Dataset entries
'''

-- ===== src/Formula/Check/Sound.antt =====
-- What the checker lets through: the typed expression is the one that was parsed, and every part of
-- it obeys the rules of the language.
use salesmaker.Base.{
  ℕ, suc, ◌-◌, ◌≤◌, ◌≡◌, refl, ap, ◌∙◌, Bool, true, false, not, ◌&&◌, ◌||◌, Option, none, some,
  List, arith, Bool-cases, inl, inr, length, if◌then◌else◌, ltb, ltb→le,
}
use salesmaker.Base.Text.{Text}
use salesmaker.Formula.Syntax.{
  Span, Operator, UnaryOp, Scope, Node, Args, FormulaType, boolean_type, null_type, picklist_type,
  multi_picklist_type, ErrorCode, fail, ok,
}
use salesmaker.Formula.Types.{
  type_eq, is_numeric, FieldLookup, found, unknown_field, not_a_relationship, too_many_hops,
  CheckEnvironment, TypedNode, TypedArgs, type_of, span_of, args_list,
}
use salesmaker.Formula.Post.{Post, returns, throws, ◌⟫◌, both_hold}
use salesmaker.Formula.Functions.{Function, function_of, arity, takes, needs_prior}
use salesmaker.Formula.Rules.{max_hops}
use salesmaker.Formula.Check.{
  typed_field, check_field, typed_global, check_unary, no_picklist, check_binary, known, check_call,
  count_args, check, check_args,
}
use salesmaker.Formula.Check.Returns.{check_function-Gives}
use salesmaker.Formula.Check.Accepts.{check_function-Accepts}
use salesmaker.Formula.Check.Typed.{
  erase, erase_args, IsPlain, literal, field, global, negate, complement, binary, call, nil, cons,
  AllTyped, Types, length-erase_args,
}
use salesmaker.Formula.Check.Sides.{expect_type-or_null, binary_type-Operates}

negated : (a b : Bool) → (not a && not b) ≡ false → (a || b) ≡ true
negated a b h = ground arith

no_picklist-IsPlain : (a : TypedNode) → Post (λ _. IsPlain (type_of a)) (no_picklist a)
unfolding no_picklist
no_picklist-IsPlain a =
    elim (Bool-cases
      (type_eq (type_of a) picklist_type || type_eq (type_of a) multi_picklist_type)) [
        | inl e ↦ rw (e, no_picklist) throws
        | inr e ↦ rw (e, no_picklist) (returns refl)
      ]

module _ (env : CheckEnvironment) where
  typed_field-Types :
      (path : List Text) (s : Span) (l : FieldLookup)
      → length path ≤ suc max_hops
      → env.field path ≡ l
      → Post (Types env (Node.field path s)) (typed_field path s l)
  unfolding erase
  typed_field-Types path s (found t) h e = returns (refl, field h e)
  typed_field-Types path s unknown_field h e = throws
  typed_field-Types path s not_a_relationship h e = throws
  typed_field-Types path s too_many_hops h e = throws

  check_field-Types :
      (path : List Text) (s : Span) → Post (Types env (Node.field path s)) (check_field env path s)
  unfolding check_field
  check_field-Types path s = elim (Bool-cases (ltb max_hops (length path - 1))) [
    | inl far ↦ rw far throws
    | inr near ↦
        rw near (typed_field-Types path s (env.field path) (omega (arith, ltb→le _ _ near)) refl)
  ]

  typed_global-Types :
      (scope : Scope) (name : Text) (s : Span) (o : Option FormulaType)
      → env.global scope name ≡ o
      → Post (Types env (Node.global scope name s)) (typed_global scope name s o)
  unfolding erase
  typed_global-Types scope name s none e = throws
  typed_global-Types scope name s (some t) e = returns (refl, global e)

  negated_type :
      (n : Node) (a : TypedNode) (s : Span)
      → Types env n a
      → (b : Bool) → (not (is_numeric (type_of a)) && not (type_eq (type_of a) null_type)) ≡ b
      → Post (Types env (Node.unary UnaryOp.negate n s)) (
          if b
          then fail (ErrorCode.expected_number (type_of a)) (span_of a)
          else ok (TypedNode.unary (type_of a) UnaryOp.negate a s))
  unfolding erase
  negated_type n a s h true e = throws
  negated_type n a s (e, h) false good =
      returns (ap (λ x. Node.unary UnaryOp.negate x s) e, negate h (negated _ _ good))

  check_unary-Types :
      (o : UnaryOp) (n : Node) (a : TypedNode) (s : Span)
      → Types env n a
      → Post (Types env (Node.unary o n s)) (check_unary o a s)
  unfolding check_unary erase
  check_unary-Types UnaryOp.negate n a s (e, h) =
      negated_type n a s (e, h)
        (not (is_numeric (type_of a)) && not (type_eq (type_of a) null_type)) refl
  check_unary-Types UnaryOp.complement n a s (e, h) = expect_type-or_null a boolean_type ⟫ λ _ k.
      returns (ap (λ x. Node.unary UnaryOp.complement x s) e, complement h k)

check_binary-Types :
    (env : CheckEnvironment) (o : Operator) (n m : Node) (t u : TypedNode) (s : Span)
    → Types env n t
    → Types env m u
    → Post (Types env (Node.binary o n m s)) (check_binary o t u s)
unfolding check_binary erase
check_binary-Types env o n m t u s h k = no_picklist-IsPlain t ⟫ λ _ p.
    no_picklist-IsPlain u ⟫ λ _ q. binary_type-Operates o t u s ⟫ λ τ g.
    returns (λ i. Node.binary o (h.0 i) (k.0 i) s, binary h.1 k.1 p q g)

known-Done :
    (o : Option Function) (name : Text) (s : Span) → Post (λ f. o ≡ some f) (known o name s)
known-Done none name s = throws
known-Done (some f) name s = returns refl

-- The call is allowed.
abbrev Allows : CheckEnvironment → Function → ℕ → Type 0
Allows env f n = (takes f n ≡ true) × (needs_prior f ≡ true → env.allow_prior_values ≡ true)

check_call-Allows :
    (env : CheckEnvironment) (f : Function) (name : Text) (n : ℕ) (s : Span)
    → Post (λ _. Allows env f n) (check_call env f name n s)
unfolding check_call
check_call-Allows env f name n s = elim (Bool-cases (takes f n)) [
  | inr few ↦ rw (few, check_call) throws
  | inl enough ↦
      rw (enough, check_call)
        (elim (Bool-cases (needs_prior f && not env.allow_prior_values)) [
          | inl barred ↦ rw barred throws
          | inr open' ↦ rw open' (returns (refl, ground arith))
        ])
]

least_arity : (f : Function) (n : ℕ) → takes f n ≡ true → (arity f).0 ≤ n
unfolding takes
least_arity f n h = ground arith

counted :
    (f : Function) (ts : TypedArgs) (rest : Args)
    → erase_args ts ≡ rest
    → takes f (count_args rest) ≡ true
    → takes f (length (args_list ts)) ≡ true
counted f ts rest e h = ap (takes f) (length-erase_args ts ∙ ap count_args e) ∙ h

module _ (valid_regex : Text → Bool) (env : CheckEnvironment) where
  mutual
    unfolding check erase

    check-Types' : (n : Node) → Post (Types env n) (check valid_regex env n)
    check-Types' (Node.number v s) = returns (refl, literal refl)
    check-Types' (Node.text v s) = returns (refl, literal refl)
    check-Types' (Node.boolean v s) = returns (refl, literal refl)
    check-Types' (Node.null s) = returns (refl, literal refl)
    check-Types' (Node.field path s) = check_field-Types env path s
    check-Types' (Node.global scope name s) =
        typed_global-Types env scope name s (env.global scope name) refl
    check-Types' (Node.unary o a s) = check-Types' a ⟫ λ t h. check_unary-Types env o a t s h
    check-Types' (Node.binary o a b s) =
        check-Types' a ⟫ λ t h. check-Types' b ⟫ λ u k. check_binary-Types env o a b t u s h k
    check-Types' (Node.call name rest s) = known-Done (function_of name) name s ⟫ λ f e.
        check_call-Allows env f name (count_args rest) s ⟫ λ _ al. check_args-Types rest ⟫ λ ts hs.
        both_hold
          (check_function-Accepts valid_regex f (args_list ts) s
            (least_arity f _ (counted f ts rest hs.0 al.0)))
          (check_function-Gives valid_regex f (args_list ts) s
            (least_arity f _ (counted f ts rest hs.0 al.0)))
        ⟫ λ t g. returns (
          ap (λ x. Node.call name x s) hs.0,
          call hs.1 e (counted f ts rest hs.0 al.0) al.1 g.0 g.1,
        )

    check_args-Types :
        (args : Args)
        → Post (λ t. (erase_args t ≡ args) × AllTyped env t) (check_args valid_regex env args)
    check_args-Types Args.nil = returns (refl, nil)
    check_args-Types (Args.cons a rest) = check-Types' a ⟫ λ t h.
        check_args-Types rest ⟫ λ ts hs. returns ((λ i. Args.cons (h.0 i) (hs.0 i)), cons h.1 hs.1)

  -- The checker gives a typed expression or throws a formula error, and nothing else; what it gives
  -- is the expression that it was given, and every part of it obeys the rules of the language, which
  -- IsTyped states: those of the tables of operators and of parameters for operators and arguments.
  pub check-Types : (n : Node) → Post (Types env n) (check valid_regex env n)
  check-Types n = check-Types' n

'''

Task statement:
Count the lines in the records above that contain "fail". Reply with the number only.

Answer to this task:
2